Sejatinya rumah dan pasangan adalah muaranya cinta, ketenangan dan kasih sayang. Rumah tempat pasangan dan anak mendapatkan curahan kasih sayang. Mendapatkan ketenangan dari berbagai gangguan di luar rumah. Namun, kondisi ini membutuhkan dukungan sistem ekonomi dan sosial. Sistem ekonomi dan sosial Islam telah menyediakan seperangkat aturan yang telah terbukti menjamin setiap rumah tangga sakinah, mawadah, wa rahmah.
Negara yang menjalankan sistem Islam (Khilafah) akan menjalankan sistem ekonomi yang menjamin setiap rumah mendapatkan pelayanan kesehatan, pendidikan dan keamanan secara murah dan langsung, dengan pembiayaan bersumber dari hasil pengelolaan sumber daya alam milik umat. Sedangkan, untuk memenuhi sandang, pangan dan papan maka Khilafah akan menjalankan pelayanan tidak langsung melalui mekanisme ekonomi yang menjamin setiap kepala rumah  tangga mampu dan memiliki pekerjaan.

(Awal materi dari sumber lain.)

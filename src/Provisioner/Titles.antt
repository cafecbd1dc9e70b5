-- ===== src/Provisioner/Titles.antt =====
-- provisioner.go: the titles of an agent's process: truncateProcessTitleUTF8Bytes,
-- normalizeDesiredProcessTitleConfig and `SetProcessTitleConfig`. What `time.ParseDuration` makes of
-- a text (in nanoseconds) and the JSON of a configuration are arguments.
pub mod Bounds
use reach.Base.Int.{ℤ, pos, negsuc}
use reach.Base.Result.{Result, ok, err}
use reach.Base.Utf8.{trim_space, runes, valid_utf8}
use reach.Base.{
  ℕ, zero, suc, ◌+◌, ◌-◌, ◌*◌, ◌^◌, Bool, true, false, not, ◌&&◌, ◌||◌, List, [], ◌∷◌, ◌++◌, Option,
  none, some, ltb, leb, ◌==◌, if◌then◌else◌, length, take, drop, map, Text, codes, same,
}
use reach.Model.Agent.{ProcessTitleConfig}
use reach.Model.{Machine, Time}
use reach.Provisioner.Desired.{update_machine}
use reach.Store.{Db, get_machine, audit}

abbrev pub max_title_bytes : ℕ
max_title_bytes = 4096

-- The last k bytes are one rune.
abbrev ends_in : ℕ → Text → Bool
ends_in k s =
    leb k (length s)
    && length (runes (drop (length s - k) s)) == 1
    && valid_utf8 (drop (length s - k) s)

-- The size that `utf8.DecodeLastRuneInString` gives: 1 where no valid rune ends the text, 0 for the
-- empty one.
unfoldable pub last_rune_size : Text → ℕ
unfolding runes valid_utf8
last_rune_size s =
    if length s == 0
    then 0
    else if ends_in 1 s
    then 1
    else if ends_in 2 s
    then 2
    else if ends_in 3 s
    then 3
    else if ends_in 4 s
    then 4
    else 1

-- A round of the loop on `max`.
abbrev pub shorter : Text → ℕ → ℕ
shorter s n =
    let size = last_rune_size (take n s) in if size == 0 || ltb n size then n - 1 else n - size

-- The loop; the fuel is `max`, which each round lowers.
unfoldable pub truncate_loop : ℕ → Text → ℕ → ℕ
unfolding last_rune_size valid_utf8
truncate_loop zero s n = n
truncate_loop (suc k) s n =
    let rest = truncate_loop k s (shorter s n) in
    if ltb 0 n && not (valid_utf8 (take n s)) then rest else n

-- `truncateProcessTitleUTF8Bytes`, and `truncateUTF8Bytes` of the agent; `max` is not negative.
unfoldable pub truncate_utf8 : Text → ℕ → Text
unfolding truncate_loop
truncate_utf8 s max =
    if max == 0 then [] else if leb (length s) max then s else take (truncate_loop max s max) s

-- `strings.ReplaceAll(s, "\x00", " ")`
abbrev pub no_nul : Text → Text
no_nul = map (λ c. if c == 0 then b' ' else c)

-- `if len(s) > max { s = … }`
unfoldable pub cut_title : ℕ → Text → Text
unfolding truncate_utf8
cut_title max s = if ltb max (length s) then truncate_utf8 s max else s

unfoldable pub clean_title : Text → Text
unfolding trim_space cut_title
clean_title title = cut_title max_title_bytes (trim_space (no_nul title))

-- The loop over the titles, which drops a blank one before it would be cut.
unfoldable pub clean_titles : List Text → List Text
unfolding clean_title trim_space same
clean_titles [] = []
clean_titles (title ∷ titles) =
    if same (trim_space (no_nul title)) []
    then clean_titles titles
    else clean_title title ∷ clean_titles titles

pub data TitleError : Type 0 where
  bad_interval short_interval too_many no_machine : TitleError

-- `d < time.Second`
abbrev under_a_second : ℤ → Bool
under_a_second (negsuc n) = true
under_a_second (pos n) = ltb n (10 ^ 9)

abbrev check_interval : (Text → Option ℤ) → Text → Option TitleError
check_interval parse [] = none
check_interval parse (c ∷ s) = elim (parse (c ∷ s)) [
  | none ↦ some bad_interval
  | some d ↦ if under_a_second d then some short_interval else none
]

abbrev pub counted :
    Option TitleError → ProcessTitleConfig → Result TitleError (Option ProcessTitleConfig)
counted (some e) c = err e
counted none c = if ltb 20 (length c.process_titles) then err too_many else ok (some c)

abbrev pub cleaned : ProcessTitleConfig → ProcessTitleConfig
cleaned cfg = record {
  process_title = if same cfg.process_title [] then [] else clean_title cfg.process_title;
  process_titles = clean_titles cfg.process_titles;
  rotate_interval = trim_space cfg.rotate_interval;
}

unfoldable pub normalize_titles :
    (Text → Option ℤ) → ProcessTitleConfig → Result TitleError (Option ProcessTitleConfig)
unfolding clean_titles clean_title trim_space same
normalize_titles parse cfg =
    let out = cleaned cfg in
    if length out.process_titles == 0 && same out.process_title []
    then ok none
    else counted (check_interval parse out.rotate_interval) out

abbrev title_row : Option Text → ℕ → Time → Text → Machine → Machine
title_row raw gen now actor m = record m {
  process_title_config = raw;
  desired_generation = gen;
  desired_changed_at = some now;
  desired_changed_by = some actor;
  updated_at = some now;
}

abbrev the_machine : Option Machine → Result TitleError Machine
the_machine none = err no_machine
the_machine (some m) = ok m

abbrev store_titles : Text → Time → Machine → Option Text → Db → Db × Result TitleError Machine
store_titles actor now m raw db =
    let db1 = update_machine m.id (title_row raw (m.desired_generation + 1) now actor) db in
    let db2 = audit (codes "machine.process_title.update") actor m.id [] now db1 in
    (db2, the_machine (get_machine db2 m.id))

abbrev encoded : (ProcessTitleConfig → Text) → Option ProcessTitleConfig → Option Text
encoded marshal none = none
encoded marshal (some c) = some (marshal c)

abbrev with_titles :
    (ProcessTitleConfig → Text)
    → Text
    → Time
    → Machine
    → Result TitleError (Option ProcessTitleConfig)
    → Db
    → Db × Result TitleError Machine
with_titles marshal actor now m (err e) db = (db, err e)
with_titles marshal actor now m (ok c) db = store_titles actor now m (encoded marshal c) db

abbrev normalized :
    (Text → Option ℤ) → Option ProcessTitleConfig → Result TitleError (Option ProcessTitleConfig)
normalized parse none = ok none
normalized parse (some cfg) = normalize_titles parse cfg

-- `SetProcessTitleConfig`; no configuration clears the column.
unfoldable pub set_process_title_config :
    (Text → Option ℤ)
    → (ProcessTitleConfig → Text)
    → Text
    → Option ProcessTitleConfig
    → Text
    → Time
    → Db
    → Db × Result TitleError Machine
unfolding normalize_titles same
set_process_title_config parse marshal key cfg actor now db = elim (get_machine db key) [
  | none ↦ (db, err no_machine)
  | some m ↦ with_titles marshal actor now m (normalized parse cfg) db
]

Sistem sosial Islam menempatkan perempuan sebagai ibu dan pengurus rumah tangga (Ummun wa Rabbah al Bait). Menempatkan ibu sebagai madrasah (lembaga pendidikan) pertama bagi anak-anaknya. Menyematkan penghargaan terbaik baik laki-laki (suami) yang memperlakukan istrinya dengan baik dan memenuhi kebutuhan istri dan anaknya sesuai dengan standar pemenuhan yang berlaku ditengah-tengah masyarakat (ma’ruf).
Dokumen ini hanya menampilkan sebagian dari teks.